* [WHAT THE TASK ASKS] Isolate every line in the data with the string "true" and copy it.

* [LISTED ENTRIES]
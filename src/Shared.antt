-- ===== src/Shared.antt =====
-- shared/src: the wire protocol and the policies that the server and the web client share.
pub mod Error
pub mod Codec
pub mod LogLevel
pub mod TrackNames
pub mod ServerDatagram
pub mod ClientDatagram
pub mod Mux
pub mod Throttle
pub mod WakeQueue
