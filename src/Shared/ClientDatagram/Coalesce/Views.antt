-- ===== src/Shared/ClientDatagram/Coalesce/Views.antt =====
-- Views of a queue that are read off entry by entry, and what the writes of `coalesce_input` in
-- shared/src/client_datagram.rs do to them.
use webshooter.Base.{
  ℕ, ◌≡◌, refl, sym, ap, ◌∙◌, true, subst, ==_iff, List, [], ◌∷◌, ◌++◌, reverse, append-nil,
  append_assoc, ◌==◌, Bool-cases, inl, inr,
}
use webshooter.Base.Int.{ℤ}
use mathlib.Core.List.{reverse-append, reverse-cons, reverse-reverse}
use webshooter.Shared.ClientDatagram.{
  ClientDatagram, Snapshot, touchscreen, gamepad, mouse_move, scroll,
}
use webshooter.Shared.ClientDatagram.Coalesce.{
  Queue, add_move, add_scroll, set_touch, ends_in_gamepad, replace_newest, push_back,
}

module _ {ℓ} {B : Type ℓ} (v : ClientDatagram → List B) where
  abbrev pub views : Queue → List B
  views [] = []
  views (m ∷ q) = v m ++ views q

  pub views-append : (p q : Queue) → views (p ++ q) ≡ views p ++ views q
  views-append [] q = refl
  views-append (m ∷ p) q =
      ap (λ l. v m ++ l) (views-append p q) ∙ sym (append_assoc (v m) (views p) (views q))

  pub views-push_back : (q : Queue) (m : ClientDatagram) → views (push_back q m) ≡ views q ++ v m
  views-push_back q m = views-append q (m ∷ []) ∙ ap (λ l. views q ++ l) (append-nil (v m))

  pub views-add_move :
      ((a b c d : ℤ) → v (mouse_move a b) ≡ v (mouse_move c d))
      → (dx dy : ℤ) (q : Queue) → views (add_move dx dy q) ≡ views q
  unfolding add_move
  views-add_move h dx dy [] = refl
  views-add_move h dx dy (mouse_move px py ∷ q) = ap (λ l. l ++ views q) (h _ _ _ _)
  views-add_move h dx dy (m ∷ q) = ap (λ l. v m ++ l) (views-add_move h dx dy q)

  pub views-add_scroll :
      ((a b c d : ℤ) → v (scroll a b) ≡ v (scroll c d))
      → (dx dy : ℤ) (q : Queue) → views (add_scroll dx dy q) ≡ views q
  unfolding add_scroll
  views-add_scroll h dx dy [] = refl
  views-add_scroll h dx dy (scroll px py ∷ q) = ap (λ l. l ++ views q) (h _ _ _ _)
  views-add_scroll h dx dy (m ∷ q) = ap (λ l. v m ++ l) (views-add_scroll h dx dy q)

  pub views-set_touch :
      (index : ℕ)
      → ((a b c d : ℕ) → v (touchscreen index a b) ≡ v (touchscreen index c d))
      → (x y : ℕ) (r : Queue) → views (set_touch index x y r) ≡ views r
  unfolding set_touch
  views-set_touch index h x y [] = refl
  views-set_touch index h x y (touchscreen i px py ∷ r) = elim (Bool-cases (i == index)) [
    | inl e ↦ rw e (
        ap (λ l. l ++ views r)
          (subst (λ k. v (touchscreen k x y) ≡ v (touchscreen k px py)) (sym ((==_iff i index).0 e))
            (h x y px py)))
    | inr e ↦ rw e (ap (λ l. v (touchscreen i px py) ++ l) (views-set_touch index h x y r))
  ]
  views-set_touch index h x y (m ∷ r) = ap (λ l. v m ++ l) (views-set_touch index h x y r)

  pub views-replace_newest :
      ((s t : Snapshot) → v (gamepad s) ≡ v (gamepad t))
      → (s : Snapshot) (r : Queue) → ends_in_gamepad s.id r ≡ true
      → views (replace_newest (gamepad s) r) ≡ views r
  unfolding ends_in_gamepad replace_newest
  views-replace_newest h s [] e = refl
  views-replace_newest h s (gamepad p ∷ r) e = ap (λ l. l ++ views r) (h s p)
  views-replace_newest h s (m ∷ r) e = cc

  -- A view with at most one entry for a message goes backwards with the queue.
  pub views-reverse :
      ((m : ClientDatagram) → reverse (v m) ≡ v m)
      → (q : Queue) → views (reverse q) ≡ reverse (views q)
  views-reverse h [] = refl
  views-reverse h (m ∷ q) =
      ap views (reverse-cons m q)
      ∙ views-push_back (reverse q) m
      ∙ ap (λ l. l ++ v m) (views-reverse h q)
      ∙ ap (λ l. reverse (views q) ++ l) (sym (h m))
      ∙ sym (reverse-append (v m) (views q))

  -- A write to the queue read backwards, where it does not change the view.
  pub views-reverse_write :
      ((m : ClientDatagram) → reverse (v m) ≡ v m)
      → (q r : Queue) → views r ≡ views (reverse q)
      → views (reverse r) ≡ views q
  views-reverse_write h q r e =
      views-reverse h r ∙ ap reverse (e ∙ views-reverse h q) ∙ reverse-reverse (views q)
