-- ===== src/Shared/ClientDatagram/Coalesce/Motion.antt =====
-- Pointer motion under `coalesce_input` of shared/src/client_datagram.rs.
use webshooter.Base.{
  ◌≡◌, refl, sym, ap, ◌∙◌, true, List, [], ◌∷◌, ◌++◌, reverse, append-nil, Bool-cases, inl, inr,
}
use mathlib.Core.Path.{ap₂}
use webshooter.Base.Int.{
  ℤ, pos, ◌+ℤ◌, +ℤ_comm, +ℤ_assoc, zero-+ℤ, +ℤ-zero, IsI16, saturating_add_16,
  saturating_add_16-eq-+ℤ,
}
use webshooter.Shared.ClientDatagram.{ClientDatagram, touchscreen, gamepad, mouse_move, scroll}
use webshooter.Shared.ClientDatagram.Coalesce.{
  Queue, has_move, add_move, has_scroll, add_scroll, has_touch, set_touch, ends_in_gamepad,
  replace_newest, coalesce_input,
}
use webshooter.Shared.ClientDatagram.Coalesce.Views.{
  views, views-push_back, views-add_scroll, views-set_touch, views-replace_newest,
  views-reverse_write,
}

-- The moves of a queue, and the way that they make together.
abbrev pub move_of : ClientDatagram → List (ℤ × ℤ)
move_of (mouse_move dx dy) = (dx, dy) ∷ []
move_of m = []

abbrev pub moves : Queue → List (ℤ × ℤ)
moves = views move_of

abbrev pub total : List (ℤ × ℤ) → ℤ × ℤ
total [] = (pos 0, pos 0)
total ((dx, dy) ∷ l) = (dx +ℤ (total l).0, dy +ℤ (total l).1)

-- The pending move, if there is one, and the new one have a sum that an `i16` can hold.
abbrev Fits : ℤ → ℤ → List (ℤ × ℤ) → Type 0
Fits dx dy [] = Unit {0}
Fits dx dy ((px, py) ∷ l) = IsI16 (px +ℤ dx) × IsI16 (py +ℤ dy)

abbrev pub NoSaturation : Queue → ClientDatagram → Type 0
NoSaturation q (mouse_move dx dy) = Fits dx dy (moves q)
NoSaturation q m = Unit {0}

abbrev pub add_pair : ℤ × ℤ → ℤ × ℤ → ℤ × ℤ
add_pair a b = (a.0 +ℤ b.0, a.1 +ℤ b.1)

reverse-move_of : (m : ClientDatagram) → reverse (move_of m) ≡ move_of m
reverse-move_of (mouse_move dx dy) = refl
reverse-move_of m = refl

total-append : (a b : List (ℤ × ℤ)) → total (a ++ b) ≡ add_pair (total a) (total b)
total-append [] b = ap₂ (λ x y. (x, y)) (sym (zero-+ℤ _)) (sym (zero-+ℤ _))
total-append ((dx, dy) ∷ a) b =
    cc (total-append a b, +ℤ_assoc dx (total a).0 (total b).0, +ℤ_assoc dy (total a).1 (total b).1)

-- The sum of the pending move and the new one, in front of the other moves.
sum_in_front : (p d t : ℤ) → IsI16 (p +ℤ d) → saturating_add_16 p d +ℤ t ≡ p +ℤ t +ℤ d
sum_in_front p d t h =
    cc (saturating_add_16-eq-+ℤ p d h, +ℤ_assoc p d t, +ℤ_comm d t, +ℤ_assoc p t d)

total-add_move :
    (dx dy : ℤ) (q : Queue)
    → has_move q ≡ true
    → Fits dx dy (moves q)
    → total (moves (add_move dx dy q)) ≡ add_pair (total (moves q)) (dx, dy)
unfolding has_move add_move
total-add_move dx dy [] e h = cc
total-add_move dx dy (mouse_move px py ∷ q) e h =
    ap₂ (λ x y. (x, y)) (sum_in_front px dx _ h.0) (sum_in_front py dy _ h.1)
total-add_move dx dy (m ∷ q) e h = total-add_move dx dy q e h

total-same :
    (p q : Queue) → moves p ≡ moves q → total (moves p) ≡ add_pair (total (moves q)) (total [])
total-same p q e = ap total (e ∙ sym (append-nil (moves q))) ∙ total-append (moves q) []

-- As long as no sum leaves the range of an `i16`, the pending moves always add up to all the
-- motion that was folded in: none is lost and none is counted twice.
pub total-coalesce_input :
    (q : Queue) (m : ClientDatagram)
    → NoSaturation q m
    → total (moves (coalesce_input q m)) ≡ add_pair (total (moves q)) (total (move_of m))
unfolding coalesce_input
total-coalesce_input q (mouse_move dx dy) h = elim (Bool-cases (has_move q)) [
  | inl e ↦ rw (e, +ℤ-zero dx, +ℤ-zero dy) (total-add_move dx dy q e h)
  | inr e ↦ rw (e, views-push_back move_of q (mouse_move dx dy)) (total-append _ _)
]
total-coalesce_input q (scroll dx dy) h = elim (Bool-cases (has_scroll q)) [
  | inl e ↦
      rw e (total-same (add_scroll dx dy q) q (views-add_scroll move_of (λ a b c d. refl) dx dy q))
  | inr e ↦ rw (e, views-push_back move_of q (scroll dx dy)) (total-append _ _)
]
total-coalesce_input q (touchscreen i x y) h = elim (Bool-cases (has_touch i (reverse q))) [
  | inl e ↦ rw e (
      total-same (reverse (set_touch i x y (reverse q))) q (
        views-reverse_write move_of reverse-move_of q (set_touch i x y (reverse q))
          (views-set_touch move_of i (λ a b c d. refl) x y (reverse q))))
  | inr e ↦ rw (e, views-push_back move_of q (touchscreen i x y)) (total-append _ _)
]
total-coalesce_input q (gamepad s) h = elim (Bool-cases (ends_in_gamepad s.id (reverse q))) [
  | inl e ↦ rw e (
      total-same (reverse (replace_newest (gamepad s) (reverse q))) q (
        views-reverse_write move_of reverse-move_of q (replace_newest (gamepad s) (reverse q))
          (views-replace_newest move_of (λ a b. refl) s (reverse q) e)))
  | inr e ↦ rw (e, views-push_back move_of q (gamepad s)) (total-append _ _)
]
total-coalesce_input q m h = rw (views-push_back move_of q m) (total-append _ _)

--

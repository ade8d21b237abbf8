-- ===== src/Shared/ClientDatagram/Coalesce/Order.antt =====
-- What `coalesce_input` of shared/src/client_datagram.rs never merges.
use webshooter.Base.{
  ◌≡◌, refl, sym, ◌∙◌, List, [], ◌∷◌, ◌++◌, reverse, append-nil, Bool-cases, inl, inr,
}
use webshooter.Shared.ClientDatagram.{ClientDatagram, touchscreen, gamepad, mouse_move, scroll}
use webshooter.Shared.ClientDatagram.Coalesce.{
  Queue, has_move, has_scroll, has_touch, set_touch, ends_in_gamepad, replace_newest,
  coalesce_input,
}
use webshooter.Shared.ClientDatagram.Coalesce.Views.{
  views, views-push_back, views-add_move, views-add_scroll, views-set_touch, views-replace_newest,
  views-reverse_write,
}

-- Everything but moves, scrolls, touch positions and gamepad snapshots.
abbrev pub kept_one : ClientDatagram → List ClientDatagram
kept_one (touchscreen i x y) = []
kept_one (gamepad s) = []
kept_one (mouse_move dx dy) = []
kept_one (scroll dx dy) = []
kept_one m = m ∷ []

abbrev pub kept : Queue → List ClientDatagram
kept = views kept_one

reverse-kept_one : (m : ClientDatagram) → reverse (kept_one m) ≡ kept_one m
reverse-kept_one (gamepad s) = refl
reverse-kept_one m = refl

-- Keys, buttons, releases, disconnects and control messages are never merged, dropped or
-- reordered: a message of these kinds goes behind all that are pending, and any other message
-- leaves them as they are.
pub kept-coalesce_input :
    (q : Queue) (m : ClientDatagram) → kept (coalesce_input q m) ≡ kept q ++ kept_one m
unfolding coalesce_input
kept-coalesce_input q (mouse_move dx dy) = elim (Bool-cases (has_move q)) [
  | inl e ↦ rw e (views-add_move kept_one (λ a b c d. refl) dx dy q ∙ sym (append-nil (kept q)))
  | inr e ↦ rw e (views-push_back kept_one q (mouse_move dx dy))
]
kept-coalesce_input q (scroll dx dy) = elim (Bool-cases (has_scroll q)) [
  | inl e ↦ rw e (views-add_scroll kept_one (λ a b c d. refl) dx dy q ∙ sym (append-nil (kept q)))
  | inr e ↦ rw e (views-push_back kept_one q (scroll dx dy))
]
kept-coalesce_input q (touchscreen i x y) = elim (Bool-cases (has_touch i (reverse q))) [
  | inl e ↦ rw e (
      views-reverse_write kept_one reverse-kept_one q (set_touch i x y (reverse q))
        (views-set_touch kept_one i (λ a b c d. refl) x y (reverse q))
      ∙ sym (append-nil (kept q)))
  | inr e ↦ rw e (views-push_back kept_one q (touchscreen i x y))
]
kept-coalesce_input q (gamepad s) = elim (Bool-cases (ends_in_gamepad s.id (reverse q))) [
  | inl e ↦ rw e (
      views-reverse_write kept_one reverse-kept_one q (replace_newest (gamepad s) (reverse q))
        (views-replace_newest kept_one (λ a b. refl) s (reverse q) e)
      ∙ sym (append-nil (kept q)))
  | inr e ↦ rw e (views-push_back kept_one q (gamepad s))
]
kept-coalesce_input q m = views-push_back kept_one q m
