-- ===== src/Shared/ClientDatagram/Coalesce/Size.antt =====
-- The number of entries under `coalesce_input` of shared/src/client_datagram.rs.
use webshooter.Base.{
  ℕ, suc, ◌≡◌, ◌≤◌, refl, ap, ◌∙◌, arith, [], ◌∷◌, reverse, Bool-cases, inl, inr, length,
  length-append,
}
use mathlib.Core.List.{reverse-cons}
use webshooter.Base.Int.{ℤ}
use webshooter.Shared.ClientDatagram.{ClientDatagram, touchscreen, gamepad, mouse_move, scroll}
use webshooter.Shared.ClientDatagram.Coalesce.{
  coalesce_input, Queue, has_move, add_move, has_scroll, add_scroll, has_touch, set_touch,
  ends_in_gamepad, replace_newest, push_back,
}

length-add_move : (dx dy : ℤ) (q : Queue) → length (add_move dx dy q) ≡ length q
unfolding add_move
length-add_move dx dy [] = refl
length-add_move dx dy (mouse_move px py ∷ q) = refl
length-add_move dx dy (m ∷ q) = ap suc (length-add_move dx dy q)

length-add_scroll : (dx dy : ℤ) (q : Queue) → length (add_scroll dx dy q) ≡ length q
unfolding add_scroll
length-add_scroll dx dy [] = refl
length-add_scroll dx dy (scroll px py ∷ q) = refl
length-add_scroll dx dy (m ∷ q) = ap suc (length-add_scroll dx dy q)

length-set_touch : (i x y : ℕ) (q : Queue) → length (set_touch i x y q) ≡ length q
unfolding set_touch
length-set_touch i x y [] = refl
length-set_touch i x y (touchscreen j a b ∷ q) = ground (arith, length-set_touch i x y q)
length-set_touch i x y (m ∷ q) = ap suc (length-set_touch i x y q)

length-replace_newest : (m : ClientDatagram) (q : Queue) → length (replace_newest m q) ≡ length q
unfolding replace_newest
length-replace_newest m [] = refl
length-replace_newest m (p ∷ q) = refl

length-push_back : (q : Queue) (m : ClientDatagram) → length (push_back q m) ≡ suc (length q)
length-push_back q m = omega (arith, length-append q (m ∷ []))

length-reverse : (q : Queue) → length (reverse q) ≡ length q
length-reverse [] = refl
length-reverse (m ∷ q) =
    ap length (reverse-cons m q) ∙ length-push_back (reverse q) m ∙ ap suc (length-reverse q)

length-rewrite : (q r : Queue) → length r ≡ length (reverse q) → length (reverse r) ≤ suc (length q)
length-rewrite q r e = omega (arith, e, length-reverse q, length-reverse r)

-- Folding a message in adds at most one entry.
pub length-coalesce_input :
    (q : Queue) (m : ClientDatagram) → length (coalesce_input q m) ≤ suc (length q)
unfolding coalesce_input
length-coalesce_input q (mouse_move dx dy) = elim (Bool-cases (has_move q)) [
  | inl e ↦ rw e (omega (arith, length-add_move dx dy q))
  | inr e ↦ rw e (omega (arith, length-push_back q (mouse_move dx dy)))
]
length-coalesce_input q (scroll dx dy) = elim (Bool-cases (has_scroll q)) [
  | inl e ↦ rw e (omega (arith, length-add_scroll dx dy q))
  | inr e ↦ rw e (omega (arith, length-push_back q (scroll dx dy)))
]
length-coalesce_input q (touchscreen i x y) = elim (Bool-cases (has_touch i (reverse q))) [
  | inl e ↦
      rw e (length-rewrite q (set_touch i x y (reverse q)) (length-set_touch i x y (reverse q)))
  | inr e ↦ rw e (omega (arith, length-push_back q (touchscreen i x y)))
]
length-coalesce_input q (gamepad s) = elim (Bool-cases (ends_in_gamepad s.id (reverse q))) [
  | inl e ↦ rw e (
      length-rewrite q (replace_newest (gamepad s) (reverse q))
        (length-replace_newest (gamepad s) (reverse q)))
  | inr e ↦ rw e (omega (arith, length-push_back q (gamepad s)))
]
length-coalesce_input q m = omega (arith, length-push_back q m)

--

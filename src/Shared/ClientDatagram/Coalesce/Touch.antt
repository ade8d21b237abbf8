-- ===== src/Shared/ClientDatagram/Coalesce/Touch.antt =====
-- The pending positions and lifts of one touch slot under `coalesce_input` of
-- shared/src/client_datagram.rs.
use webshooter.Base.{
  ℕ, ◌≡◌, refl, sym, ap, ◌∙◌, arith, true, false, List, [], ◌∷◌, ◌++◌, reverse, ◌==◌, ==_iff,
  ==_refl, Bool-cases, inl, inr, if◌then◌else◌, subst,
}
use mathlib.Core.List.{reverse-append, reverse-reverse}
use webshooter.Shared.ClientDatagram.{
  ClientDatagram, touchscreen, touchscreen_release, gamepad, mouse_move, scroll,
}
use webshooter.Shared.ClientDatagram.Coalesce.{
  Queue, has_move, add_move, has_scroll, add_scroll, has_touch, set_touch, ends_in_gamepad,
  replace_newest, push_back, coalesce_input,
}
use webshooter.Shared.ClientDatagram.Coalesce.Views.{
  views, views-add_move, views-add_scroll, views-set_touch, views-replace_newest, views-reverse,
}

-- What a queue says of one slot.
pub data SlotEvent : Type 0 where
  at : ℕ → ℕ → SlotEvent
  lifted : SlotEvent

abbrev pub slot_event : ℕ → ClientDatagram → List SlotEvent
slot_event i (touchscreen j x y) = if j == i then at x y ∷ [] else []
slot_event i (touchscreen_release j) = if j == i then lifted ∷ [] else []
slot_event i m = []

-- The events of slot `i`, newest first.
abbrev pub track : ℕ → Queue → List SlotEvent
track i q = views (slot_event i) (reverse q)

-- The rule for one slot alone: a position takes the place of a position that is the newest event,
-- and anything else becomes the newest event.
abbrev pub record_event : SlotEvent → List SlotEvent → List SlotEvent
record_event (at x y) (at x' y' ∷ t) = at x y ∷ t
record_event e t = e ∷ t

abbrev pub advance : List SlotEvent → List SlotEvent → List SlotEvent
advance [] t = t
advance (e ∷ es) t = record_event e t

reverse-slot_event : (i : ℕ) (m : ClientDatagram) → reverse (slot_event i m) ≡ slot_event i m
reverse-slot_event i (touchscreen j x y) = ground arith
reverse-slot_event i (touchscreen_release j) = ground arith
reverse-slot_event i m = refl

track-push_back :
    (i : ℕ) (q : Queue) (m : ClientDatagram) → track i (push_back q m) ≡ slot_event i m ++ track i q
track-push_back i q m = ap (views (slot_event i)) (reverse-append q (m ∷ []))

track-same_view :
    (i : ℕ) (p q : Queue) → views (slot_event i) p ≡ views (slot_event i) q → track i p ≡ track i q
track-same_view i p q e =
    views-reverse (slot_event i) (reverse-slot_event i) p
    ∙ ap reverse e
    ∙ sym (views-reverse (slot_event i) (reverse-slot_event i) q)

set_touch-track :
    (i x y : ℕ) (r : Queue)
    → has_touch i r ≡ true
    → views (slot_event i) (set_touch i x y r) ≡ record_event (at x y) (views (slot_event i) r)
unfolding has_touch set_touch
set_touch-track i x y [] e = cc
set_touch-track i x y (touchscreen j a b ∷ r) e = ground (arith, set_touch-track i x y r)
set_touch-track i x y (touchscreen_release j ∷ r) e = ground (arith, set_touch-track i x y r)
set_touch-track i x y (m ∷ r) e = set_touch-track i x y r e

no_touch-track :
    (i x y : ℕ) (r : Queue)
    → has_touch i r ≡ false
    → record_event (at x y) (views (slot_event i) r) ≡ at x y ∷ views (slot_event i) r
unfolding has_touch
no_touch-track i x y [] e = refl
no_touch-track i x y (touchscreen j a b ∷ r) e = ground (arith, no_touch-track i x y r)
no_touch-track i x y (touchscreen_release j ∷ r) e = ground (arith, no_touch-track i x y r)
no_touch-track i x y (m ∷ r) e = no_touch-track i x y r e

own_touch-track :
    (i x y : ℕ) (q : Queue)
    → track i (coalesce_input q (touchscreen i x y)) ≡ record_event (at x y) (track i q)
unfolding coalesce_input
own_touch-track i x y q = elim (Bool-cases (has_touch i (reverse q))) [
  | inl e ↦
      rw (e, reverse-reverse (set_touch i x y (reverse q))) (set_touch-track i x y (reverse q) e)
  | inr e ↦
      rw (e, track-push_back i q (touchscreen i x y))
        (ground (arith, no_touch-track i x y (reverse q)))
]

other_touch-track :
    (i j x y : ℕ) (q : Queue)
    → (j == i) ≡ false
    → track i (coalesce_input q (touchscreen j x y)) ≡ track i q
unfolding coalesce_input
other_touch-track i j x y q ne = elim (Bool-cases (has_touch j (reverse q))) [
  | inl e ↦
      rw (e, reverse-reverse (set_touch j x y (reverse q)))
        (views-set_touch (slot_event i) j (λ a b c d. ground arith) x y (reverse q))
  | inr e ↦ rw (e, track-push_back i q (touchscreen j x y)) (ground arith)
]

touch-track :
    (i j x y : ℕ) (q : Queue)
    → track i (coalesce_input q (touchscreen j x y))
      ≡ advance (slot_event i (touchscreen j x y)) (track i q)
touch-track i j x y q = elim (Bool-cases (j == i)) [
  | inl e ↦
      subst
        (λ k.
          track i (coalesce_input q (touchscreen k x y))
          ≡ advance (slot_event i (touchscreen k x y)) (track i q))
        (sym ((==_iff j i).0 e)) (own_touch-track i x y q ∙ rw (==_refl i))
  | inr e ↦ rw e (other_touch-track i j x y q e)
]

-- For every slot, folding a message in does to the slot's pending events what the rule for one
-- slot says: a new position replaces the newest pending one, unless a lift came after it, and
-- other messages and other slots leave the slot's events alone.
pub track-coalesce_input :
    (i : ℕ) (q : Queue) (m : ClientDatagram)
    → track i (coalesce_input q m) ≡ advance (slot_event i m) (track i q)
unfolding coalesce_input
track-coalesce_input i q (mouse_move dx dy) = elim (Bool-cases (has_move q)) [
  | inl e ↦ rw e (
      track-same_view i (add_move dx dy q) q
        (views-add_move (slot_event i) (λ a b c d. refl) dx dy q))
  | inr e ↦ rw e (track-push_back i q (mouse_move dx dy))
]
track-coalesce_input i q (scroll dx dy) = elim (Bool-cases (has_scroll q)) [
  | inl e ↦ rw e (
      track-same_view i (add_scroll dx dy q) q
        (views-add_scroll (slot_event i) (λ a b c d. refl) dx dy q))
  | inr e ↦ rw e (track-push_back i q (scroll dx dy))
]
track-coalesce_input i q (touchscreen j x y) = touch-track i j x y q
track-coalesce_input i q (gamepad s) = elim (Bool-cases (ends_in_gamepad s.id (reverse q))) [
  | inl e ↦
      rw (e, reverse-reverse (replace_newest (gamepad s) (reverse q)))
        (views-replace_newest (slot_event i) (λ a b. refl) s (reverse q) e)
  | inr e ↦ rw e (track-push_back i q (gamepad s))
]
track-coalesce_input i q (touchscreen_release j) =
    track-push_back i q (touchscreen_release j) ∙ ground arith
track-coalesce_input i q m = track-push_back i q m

* [ANSWER BELOW]
  ℕ, ◌≡◌, refl, sym, ap, ◌∙◌, true, subst, ==_iff, List, [], ◌∷◌, ◌++◌, reverse, append-nil,
      → (s : Snapshot) (r : Queue) → ends_in_gamepad s.id r ≡ true
  ◌≡◌, refl, sym, ap, ◌∙◌, true, List, [], ◌∷◌, ◌++◌, reverse, append-nil, Bool-cases, inl, inr,
    → has_move q ≡ true
  ℕ, ◌≡◌, refl, sym, ap, ◌∙◌, arith, true, false, List, [], ◌∷◌, ◌++◌, reverse, ◌==◌, ==_iff,
    → has_touch i r ≡ true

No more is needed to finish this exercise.